Exercise brief → Looking at the records below, please work out how many lines contain the word "module" and give the number alone.
The input: Begin
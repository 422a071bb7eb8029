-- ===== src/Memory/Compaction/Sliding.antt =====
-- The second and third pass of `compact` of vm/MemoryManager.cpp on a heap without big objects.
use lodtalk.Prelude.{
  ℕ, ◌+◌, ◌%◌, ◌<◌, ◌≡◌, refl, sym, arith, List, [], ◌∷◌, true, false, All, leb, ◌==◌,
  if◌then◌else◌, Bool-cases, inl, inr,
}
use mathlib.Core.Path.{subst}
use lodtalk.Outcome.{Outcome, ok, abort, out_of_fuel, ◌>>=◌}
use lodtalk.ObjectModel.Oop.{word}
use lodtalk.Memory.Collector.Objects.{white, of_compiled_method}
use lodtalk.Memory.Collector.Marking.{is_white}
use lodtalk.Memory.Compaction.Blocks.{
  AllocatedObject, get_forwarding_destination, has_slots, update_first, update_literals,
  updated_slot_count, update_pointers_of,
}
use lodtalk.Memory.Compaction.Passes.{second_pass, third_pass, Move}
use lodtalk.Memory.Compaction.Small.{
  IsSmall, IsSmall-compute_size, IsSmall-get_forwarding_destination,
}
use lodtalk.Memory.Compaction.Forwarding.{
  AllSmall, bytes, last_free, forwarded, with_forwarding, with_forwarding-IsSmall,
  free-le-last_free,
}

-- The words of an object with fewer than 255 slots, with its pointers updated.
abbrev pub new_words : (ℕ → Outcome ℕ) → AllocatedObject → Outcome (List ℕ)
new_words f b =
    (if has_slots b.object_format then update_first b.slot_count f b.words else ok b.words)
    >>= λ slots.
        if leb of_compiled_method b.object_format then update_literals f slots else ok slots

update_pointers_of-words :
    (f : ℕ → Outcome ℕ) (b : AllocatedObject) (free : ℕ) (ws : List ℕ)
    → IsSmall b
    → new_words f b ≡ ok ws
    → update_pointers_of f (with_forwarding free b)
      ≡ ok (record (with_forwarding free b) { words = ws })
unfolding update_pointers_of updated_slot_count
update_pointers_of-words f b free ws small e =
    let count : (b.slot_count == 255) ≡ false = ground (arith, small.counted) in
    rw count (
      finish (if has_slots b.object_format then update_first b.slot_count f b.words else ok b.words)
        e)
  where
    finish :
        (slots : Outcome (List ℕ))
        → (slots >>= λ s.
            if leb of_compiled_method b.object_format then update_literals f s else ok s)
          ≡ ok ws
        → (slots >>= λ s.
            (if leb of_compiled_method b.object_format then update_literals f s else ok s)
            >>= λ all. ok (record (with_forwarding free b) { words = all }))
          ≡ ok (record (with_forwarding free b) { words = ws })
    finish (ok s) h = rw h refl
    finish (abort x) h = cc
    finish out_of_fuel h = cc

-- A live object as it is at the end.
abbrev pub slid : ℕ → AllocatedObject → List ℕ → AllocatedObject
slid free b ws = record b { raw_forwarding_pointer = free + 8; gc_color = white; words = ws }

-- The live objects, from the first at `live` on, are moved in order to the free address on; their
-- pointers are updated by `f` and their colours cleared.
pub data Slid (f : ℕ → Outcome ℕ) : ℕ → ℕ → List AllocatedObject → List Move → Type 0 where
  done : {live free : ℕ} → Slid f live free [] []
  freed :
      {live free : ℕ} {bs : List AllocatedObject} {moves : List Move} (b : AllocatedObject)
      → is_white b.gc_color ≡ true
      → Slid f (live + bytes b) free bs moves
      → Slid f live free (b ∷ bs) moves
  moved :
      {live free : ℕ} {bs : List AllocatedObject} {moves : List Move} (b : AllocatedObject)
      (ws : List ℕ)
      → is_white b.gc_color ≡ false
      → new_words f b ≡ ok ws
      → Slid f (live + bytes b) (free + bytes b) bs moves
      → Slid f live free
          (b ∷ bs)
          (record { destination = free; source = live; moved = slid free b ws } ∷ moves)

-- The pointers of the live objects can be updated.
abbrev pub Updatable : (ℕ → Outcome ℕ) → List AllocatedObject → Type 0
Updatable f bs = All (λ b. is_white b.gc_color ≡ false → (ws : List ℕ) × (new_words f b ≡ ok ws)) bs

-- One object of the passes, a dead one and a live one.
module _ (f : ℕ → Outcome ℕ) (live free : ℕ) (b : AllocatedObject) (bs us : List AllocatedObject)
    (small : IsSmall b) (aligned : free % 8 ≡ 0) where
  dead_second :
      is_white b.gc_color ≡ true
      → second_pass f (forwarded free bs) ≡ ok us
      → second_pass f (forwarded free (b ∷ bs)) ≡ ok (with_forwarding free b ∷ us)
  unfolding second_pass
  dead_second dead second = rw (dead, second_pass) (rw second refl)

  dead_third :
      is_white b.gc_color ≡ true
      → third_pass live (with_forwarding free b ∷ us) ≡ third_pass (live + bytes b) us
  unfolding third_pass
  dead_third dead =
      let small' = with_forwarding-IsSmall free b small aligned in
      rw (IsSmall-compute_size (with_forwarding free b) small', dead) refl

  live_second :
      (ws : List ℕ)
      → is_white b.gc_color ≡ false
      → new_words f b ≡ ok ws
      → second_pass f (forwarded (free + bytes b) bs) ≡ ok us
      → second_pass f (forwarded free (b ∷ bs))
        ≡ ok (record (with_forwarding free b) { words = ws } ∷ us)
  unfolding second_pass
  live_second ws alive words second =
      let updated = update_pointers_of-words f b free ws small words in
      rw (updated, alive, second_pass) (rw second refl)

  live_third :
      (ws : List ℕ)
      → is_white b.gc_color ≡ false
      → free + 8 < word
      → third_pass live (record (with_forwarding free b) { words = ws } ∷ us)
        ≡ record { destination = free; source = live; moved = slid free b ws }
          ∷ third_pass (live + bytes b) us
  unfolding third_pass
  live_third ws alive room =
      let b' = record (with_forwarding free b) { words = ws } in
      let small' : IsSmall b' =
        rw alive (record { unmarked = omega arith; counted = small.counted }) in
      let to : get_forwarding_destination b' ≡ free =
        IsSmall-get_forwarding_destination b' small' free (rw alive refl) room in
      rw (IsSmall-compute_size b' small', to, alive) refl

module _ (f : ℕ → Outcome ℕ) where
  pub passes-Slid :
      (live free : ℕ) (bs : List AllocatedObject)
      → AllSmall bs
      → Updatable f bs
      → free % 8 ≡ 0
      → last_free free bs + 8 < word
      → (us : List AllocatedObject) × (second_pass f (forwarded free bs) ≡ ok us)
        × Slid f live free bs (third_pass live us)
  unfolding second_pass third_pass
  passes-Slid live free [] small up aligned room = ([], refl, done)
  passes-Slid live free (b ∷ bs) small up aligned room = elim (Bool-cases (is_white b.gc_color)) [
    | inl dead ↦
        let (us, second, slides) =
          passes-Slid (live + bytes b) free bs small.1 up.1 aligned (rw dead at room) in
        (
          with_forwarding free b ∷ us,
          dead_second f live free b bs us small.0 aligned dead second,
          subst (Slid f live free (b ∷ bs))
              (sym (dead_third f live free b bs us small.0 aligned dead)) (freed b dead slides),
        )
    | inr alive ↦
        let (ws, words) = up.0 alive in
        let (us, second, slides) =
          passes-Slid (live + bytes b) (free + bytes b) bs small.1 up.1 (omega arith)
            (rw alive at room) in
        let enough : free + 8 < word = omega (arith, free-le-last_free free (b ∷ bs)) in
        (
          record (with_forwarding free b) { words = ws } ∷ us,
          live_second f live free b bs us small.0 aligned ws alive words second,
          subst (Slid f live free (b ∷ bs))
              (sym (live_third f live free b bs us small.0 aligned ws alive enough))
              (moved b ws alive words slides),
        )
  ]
The input: End
The input: Begin
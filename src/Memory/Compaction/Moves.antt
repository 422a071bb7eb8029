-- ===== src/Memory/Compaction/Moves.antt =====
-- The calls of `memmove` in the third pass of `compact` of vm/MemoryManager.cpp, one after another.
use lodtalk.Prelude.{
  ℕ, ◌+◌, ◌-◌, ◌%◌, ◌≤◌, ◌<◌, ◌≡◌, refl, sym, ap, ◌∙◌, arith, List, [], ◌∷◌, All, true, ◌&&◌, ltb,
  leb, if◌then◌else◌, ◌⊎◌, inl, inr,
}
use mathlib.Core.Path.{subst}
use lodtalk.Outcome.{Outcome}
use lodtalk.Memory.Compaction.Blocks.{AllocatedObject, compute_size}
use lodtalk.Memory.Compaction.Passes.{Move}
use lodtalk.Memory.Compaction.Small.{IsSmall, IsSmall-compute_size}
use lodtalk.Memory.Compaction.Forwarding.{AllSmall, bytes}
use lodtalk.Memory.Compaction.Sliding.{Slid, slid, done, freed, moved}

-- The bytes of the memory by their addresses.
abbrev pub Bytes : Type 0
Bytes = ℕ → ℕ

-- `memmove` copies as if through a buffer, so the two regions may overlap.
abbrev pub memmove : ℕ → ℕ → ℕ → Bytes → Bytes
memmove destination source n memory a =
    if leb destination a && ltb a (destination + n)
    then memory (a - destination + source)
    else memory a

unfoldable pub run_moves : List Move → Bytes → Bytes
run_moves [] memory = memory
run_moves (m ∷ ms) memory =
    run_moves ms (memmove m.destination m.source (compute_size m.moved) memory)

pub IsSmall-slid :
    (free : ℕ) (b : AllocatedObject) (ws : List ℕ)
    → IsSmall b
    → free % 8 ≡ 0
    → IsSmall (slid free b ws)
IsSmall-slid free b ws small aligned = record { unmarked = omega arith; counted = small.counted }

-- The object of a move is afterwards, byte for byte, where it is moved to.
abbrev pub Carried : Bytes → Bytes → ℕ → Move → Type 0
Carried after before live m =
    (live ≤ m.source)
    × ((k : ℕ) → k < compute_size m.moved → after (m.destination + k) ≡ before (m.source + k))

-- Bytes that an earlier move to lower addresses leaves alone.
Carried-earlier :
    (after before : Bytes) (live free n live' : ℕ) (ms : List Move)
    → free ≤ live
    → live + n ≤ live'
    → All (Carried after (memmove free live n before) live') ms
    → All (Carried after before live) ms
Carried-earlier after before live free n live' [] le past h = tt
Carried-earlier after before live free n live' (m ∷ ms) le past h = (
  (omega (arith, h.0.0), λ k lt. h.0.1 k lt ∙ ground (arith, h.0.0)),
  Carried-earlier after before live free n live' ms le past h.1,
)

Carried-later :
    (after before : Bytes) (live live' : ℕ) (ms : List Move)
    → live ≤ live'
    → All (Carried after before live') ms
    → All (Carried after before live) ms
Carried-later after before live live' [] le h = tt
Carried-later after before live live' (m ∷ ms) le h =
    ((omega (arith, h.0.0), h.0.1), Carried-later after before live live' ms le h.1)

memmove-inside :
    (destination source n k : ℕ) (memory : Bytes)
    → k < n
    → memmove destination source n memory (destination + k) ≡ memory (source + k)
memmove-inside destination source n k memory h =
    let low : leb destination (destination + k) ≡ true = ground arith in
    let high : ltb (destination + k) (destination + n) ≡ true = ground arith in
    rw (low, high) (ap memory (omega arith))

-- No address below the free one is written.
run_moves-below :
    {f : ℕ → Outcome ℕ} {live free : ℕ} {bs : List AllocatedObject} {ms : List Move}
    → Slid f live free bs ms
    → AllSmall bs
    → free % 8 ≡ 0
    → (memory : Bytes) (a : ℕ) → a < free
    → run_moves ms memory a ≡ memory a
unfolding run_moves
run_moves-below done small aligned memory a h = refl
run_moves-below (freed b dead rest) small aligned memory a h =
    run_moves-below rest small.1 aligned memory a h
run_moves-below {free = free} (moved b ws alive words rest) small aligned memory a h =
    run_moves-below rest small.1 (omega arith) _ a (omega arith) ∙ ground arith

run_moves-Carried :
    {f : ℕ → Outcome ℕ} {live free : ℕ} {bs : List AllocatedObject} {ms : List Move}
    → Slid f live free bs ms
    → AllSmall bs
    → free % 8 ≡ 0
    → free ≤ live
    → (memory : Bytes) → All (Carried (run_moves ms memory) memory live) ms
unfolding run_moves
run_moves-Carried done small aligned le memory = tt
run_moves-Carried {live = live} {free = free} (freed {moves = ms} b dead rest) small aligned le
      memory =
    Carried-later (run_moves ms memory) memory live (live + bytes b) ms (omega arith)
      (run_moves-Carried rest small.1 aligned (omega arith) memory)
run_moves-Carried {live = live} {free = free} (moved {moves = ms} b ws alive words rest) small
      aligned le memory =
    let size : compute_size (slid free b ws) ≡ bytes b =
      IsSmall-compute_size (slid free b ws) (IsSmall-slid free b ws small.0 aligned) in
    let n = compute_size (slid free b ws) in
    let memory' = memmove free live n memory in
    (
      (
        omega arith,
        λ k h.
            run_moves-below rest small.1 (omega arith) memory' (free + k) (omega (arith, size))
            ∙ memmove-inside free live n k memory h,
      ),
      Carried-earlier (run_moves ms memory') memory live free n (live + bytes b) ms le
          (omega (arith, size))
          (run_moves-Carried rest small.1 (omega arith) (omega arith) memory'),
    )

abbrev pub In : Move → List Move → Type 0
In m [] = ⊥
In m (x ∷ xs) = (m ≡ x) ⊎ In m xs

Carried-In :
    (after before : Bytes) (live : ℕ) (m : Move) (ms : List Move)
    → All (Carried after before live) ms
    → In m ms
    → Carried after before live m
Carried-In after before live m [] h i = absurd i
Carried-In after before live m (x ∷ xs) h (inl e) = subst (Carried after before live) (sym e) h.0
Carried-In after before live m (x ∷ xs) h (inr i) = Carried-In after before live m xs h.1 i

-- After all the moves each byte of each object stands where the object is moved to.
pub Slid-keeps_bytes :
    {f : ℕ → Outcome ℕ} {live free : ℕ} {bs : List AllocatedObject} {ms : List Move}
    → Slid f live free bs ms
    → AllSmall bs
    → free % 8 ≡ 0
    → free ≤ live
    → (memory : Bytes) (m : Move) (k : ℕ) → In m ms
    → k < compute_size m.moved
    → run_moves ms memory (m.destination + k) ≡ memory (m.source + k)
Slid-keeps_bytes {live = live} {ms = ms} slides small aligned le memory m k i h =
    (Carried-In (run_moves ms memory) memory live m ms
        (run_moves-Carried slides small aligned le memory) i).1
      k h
The input: End
Response to the exercise → 2